Add TLS Transfer Support Caller Responsibilities (#1223)

include/openssl/ssl.h

@@ -2641,6 +2641,14 @@ OPENSSL_EXPORT const char *SSL_get_group_name(uint16_t group_id);
 // ownership of the buffer and must call |OPENSSL_free| when done. It returns
 // one on success and zero on error.
 //
+// CAUTION: This function will serialize an established TLS 1.2/1.3
+// connection, which includes sensitive security parameters established during
+// the connection handshake, and memory buffers that may contain
+// sensitive in-flight application data. It is the callers responsibility for
+// ensuring the confidentiality and data integrity of the serialized encoding.
+// Minimally a caller must encrypt the returned bytes using an AEAD cipher, such
+// as AES-128-GCM before persisting the bytes to storage.
+//
 // WARNING: Currently only works with TLS 1.2 or TLS 1.3 after handshake has
 // finished.
 // WARNING: Currently only supports |SSL| as server.

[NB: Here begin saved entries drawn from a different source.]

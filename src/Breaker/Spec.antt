-- ===== src/Breaker/Spec.antt =====
-- What the breaker promises: each backend has a machine of its own, which no call for another
-- backend moves (internal/llm/circuit_breaker.go).
use agent.Base.{
  ℕ, ◌+◌, ◌-◌, ◌≡◌, ◌≢◌, Bool, true, false, Option, none, some, [], arith, if◌then◌else◌,
}
use agent.Num.{pos, sub_ℕ, leb_ℤ}
use agent.Text.{Text, text_eq, text_beq_iff}
use agent.Map.{◌==◌, lookup, lookup-insert}
use agent.Config.{CircuitBreakerConfig}
use agent.Breaker.{
  CircuitBreaker, CircuitState, leave_probe, same_state, BackendCircuitState, CircuitBreakerPermit,
  closed, half_open, opened, fresh_state, set_state_metric_locked, state_locked, transition_state,
  transition_locked, open_locked, admit, allow, count_failure, settle, finish, store_state,
}

-- The state that a backend stands in; one that the map lacks is a fresh closed one.
abbrev pub or_fresh : Option BackendCircuitState → BackendCircuitState
or_fresh none = fresh_state
or_fresh (some s) = s

abbrev pub view : CircuitBreaker → Text → BackendCircuitState
view b k = or_fresh (lookup k b.states)

-- How a permit is settled.
pub data Outcome : Type 0 where
  success failure ignored : Outcome

abbrev pub is_success : Outcome → Bool
is_success success = true
is_success _ = false

abbrev pub is_counted : Outcome → Bool
is_counted ignored = false
is_counted _ = true

-- The machine of one backend: asking for a request to be let through.
unfoldable pub machine_admit :
    CircuitBreakerConfig → BackendCircuitState → BackendCircuitState × Bool
machine_admit cfg s = elim s.state [
  | closed ↦ (s, true)
  | opened ↦ (s, false)
  | half_open ↦
      if leb_ℤ cfg.half_open_max_requests (pos s.half_open_in_flight)
      then (s, false)
      else (record s { half_open_in_flight = s.half_open_in_flight + 1 }, true)
]

unfoldable pub machine_allow :
    CircuitBreakerConfig → ℕ → BackendCircuitState → BackendCircuitState × Bool
unfolding machine_admit
machine_allow cfg now s = elim s.state [
  | closed ↦ (s, true)
  | half_open ↦ machine_admit cfg s
  | opened ↦
      if leb_ℤ cfg.open_timeout (sub_ℕ now s.opened_at)
      then machine_admit cfg (record s { state = half_open })
      else (s, false)
]

abbrev trip : ℕ → ℕ → BackendCircuitState
trip now failures = record {
  state = opened;
  consecutive_failures = failures;
  opened_at = now;
  half_open_in_flight = 0;
}

-- The machine of one backend: a permit comes back.
unfoldable pub machine_settle :
    CircuitBreakerConfig → ℕ → Outcome → BackendCircuitState → BackendCircuitState
machine_settle cfg now o s = elim s.state [
  | closed ↦ elim o [
    | ignored ↦ s
    | success ↦ record s { consecutive_failures = 0 }
    | failure ↦
        if leb_ℤ cfg.failure_threshold (pos (s.consecutive_failures + 1))
        then trip now (s.consecutive_failures + 1)
        else record s { consecutive_failures = s.consecutive_failures + 1 }
  ]
  | half_open ↦ elim o [
    | ignored ↦ record s { half_open_in_flight = s.half_open_in_flight - 1 }
    | success ↦ record s { state = closed; consecutive_failures = 0; half_open_in_flight = 0 }
    | failure ↦ trip now s.consecutive_failures
  ]
  | opened ↦ elim o [
    | ignored ↦ s
    | success ↦ record s { state = closed; consecutive_failures = 0; half_open_in_flight = 0 }
    | failure ↦ s
  ]
]

module _ (k j : Text) (b : CircuitBreaker) where
  pub view-store_state :
      (s : BackendCircuitState) → view (store_state k s b) j ≡ (if k == j then s else view b j)
  view-store_state s = ground (arith, lookup-insert j k s b.states)

  pub set_state_metric_locked-states :
      (n : CircuitState) → (set_state_metric_locked k n b).states ≡ b.states
  unfolding set_state_metric_locked
  set_state_metric_locked-states n = ground arith

  pub set_state_metric_locked-cfg : (n : CircuitState) → (set_state_metric_locked k n b).cfg ≡ b.cfg
  unfolding set_state_metric_locked
  set_state_metric_locked-cfg n = ground arith

module _ (k j : Text) (b : CircuitBreaker) where
  pub state_locked-view :
      ((state_locked k b).1 ≡ view b k)
      × (view (state_locked k b).0 j ≡ view b j)
      × ((state_locked k b).0.cfg ≡ b.cfg)
  unfolding state_locked
  state_locked-view = ground (
    arith,
    text_beq_iff k j,
    view-store_state k j b fresh_state,
    set_state_metric_locked-states k j (store_state k fresh_state b) closed,
    set_state_metric_locked-cfg k j (store_state k fresh_state b) closed,
  )

  pub transition_locked-view :
      (s : BackendCircuitState) (n : CircuitState)
      → (view (transition_locked k s n b) j ≡ (if k == j then transition_state s n else view b j))
        × ((transition_locked k s n b).cfg ≡ b.cfg)
  unfolding transition_locked
  transition_locked-view s n = ground (
    arith,
    view-store_state k j b (transition_state s n),
    set_state_metric_locked-states k j (store_state k (transition_state s n) b) n,
    set_state_metric_locked-cfg k j (store_state k (transition_state s n) b) n,
  )

  pub admit-machine_admit :
      (s : BackendCircuitState)
      → view b k ≡ s
      → (view (admit k s b).0 j ≡ (if k == j then (machine_admit b.cfg s).0 else view b j))
        × ((admit k s b).2 ≡ (machine_admit b.cfg s).1)
        × ((admit k s b).1 ≡ (
            if (machine_admit b.cfg s).1
            then record { backend = k; allowed = true; done = false }
            else record { backend = []; allowed = false; done = false }))
  unfolding admit machine_admit
  admit-machine_admit s e = ground (
    arith,
    text_beq_iff k j,
    view-store_state k j b (record s { half_open_in_flight = s.half_open_in_flight + 1 }),
  )

module _ (b : CircuitBreaker) (now : ℕ) (k : Text) where
  -- `Allow` is the machine of its backend, and moves no other backend: with the breaker enabled,
  -- the answer is the machine's, the permit is one for this backend that is not yet settled exactly
  -- if it is allowed, and else one for none, and the state of every backend afterwards is as the
  -- machine leaves it or unchanged.
  pub allow-machine_allow :
      b.cfg.enabled ≡ true
      → (j : Text)
      → (view (allow now k b).0 j
          ≡ (if k == j then (machine_allow b.cfg now (view b k)).0 else view b j))
        × ((allow now k b).2 ≡ (machine_allow b.cfg now (view b k)).1)
        × ((allow now k b).1 ≡ (
            if (machine_allow b.cfg now (view b k)).1
            then record { backend = k; allowed = true; done = false }
            else record { backend = []; allowed = false; done = false }))
  unfolding allow machine_allow transition_state
  allow-machine_allow on j =
      let b₁ = (state_locked k b).0 in
      let s = (state_locked k b).1 in
      let b₂ = transition_locked k s half_open b₁ in
      ground (
        arith,
        text_beq_iff k k,
        state_locked-view k j b,
        state_locked-view k k b,
        admit-machine_admit k j b₁ s,
        transition_locked-view k j b₁ s half_open,
        transition_locked-view k k b₁ s half_open,
        admit-machine_admit k j b₂ (transition_state s half_open),
      )

module _ (k j : Text) (b : CircuitBreaker) where
  abbrev or_keep : BackendCircuitState → BackendCircuitState
  or_keep s = if k == j then s else view b j

  open_locked-view :
      (now : ℕ) (s : BackendCircuitState)
      → same_state s.state opened ≡ false
      → (view (open_locked now k s b) j ≡ or_keep (trip now s.consecutive_failures))
        × ((open_locked now k s b).cfg ≡ b.cfg)
  unfolding open_locked transition_state
  open_locked-view now s n = ground (
    arith,
    transition_locked-view k j b (record s { opened_at = now; half_open_in_flight = 0 }) opened,
  )

module _ (k j : Text) (b : CircuitBreaker) (now : ℕ) (s : BackendCircuitState) where
  count_failure-view :
      view b k ≡ s
      → s.state ≢ half_open
      → (view (count_failure now k s b) j ≡ or_keep k j b (machine_settle b.cfg now failure s))
        × ((count_failure now k s b).cfg ≡ b.cfg)
  unfolding count_failure machine_settle
  count_failure-view e n =
      let s₁ = record s { consecutive_failures = s.consecutive_failures + 1 } in
      ground (
        arith,
        text_beq_iff k j,
        view-store_state k j b s₁,
        open_locked-view k j (store_state k s₁ b) now s₁,
      )

  count_failure-view_half_open :
      s.state ≡ half_open
      → (view (count_failure now k s b) j ≡ or_keep k j b (trip now s.consecutive_failures))
        × ((count_failure now k s b).cfg ≡ b.cfg)
  unfolding count_failure
  count_failure-view_half_open e = ground (arith, open_locked-view k j b now s)

settle-machine_settle :
    (k j : Text) (b : CircuitBreaker) (now : ℕ) (o : Outcome)
    → (view (settle now (is_success o) (is_counted o) k b) j
        ≡ or_keep k j b (machine_settle b.cfg now o (view b k)))
      × ((settle now (is_success o) (is_counted o) k b).cfg ≡ b.cfg)
unfolding settle machine_settle transition_state
settle-machine_settle k j b now o =
    let b₁ = (state_locked k b).0 in
    let s₁ = (state_locked k b).1 in
    let s = leave_probe s₁ in
    let b₂ = store_state k s b₁ in
    ground (
      arith,
      text_beq_iff k k,
      text_beq_iff k j,
      state_locked-view k j b,
      state_locked-view k k b,
      view-store_state k j b₁ s,
      view-store_state k k b₁ s,
      transition_locked-view k j b₂ (record s { consecutive_failures = 0 }) closed,
      count_failure-view k j b₂ now s,
      count_failure-view_half_open k j b₂ now s,
    )

module _ (b : CircuitBreaker) (now : ℕ) (p : CircuitBreakerPermit) where
  -- `Succeed`, `Fail` and `Ignore` are the machine of the permit's backend, and move no other
  -- backend: for a granted permit that is not settled yet, with the breaker enabled, every backend
  -- stands afterwards as the machine leaves it or unchanged, and the permit is settled.
  pub finish-machine_settle :
      b.cfg.enabled ≡ true
      → p.allowed ≡ true
      → p.done ≡ false
      → (o : Outcome) (j : Text)
      → (view (finish now (is_success o) (is_counted o) p b).0 j
          ≡ (if p.backend == j then machine_settle b.cfg now o (view b p.backend) else view b j))
        × ((finish now (is_success o) (is_counted o) p b).1.done ≡ true)
  unfolding finish
  finish-machine_settle on granted open_permit o j =
      ground (arith, settle-machine_settle p.backend j b now o)

  -- A permit counts once: whatever a second settlement reports, and whenever, it changes neither
  -- the breaker nor the permit.
  pub finish-finish :
      (success? count? : Bool) (later : ℕ) (success?' count?' : Bool)
      → let (b', p') = finish now success? count? p b in
        finish later success?' count?' p' b' ≡ (b', p')
  unfolding finish
  finish-finish success? count? later success?' count?' = ground arith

@@ -2659,6 +2667,13 @@ OPENSSL_EXPORT int SSL_to_bytes(const SSL *in, uint8_t **out_data,
 // come from |out_data| and |out_len| of |SSL_to_bytes|. In other words,
 // |SSL_from_bytes| should be called after |SSL_to_bytes|.
 //
+// CAUTION: This function deserializes an encoded TLS 1.2/1.3 established
+// connection so that the communication may continue on the previously
+// established channel. It is the callers responsibility for maintaining
+// confidentiality and integrity of serialized bytes between the time of
+// serialization and invoking this function.
+// See |SSL_to_bytes| for more details.
+//
 // WARNING: Do not decode the same bytes |in| for different connections.
 //          Otherwise, the connections use the same key material.
 // WARNING: Remember set |ssl->rbio| and |ssl->wbio| before using |ssl|.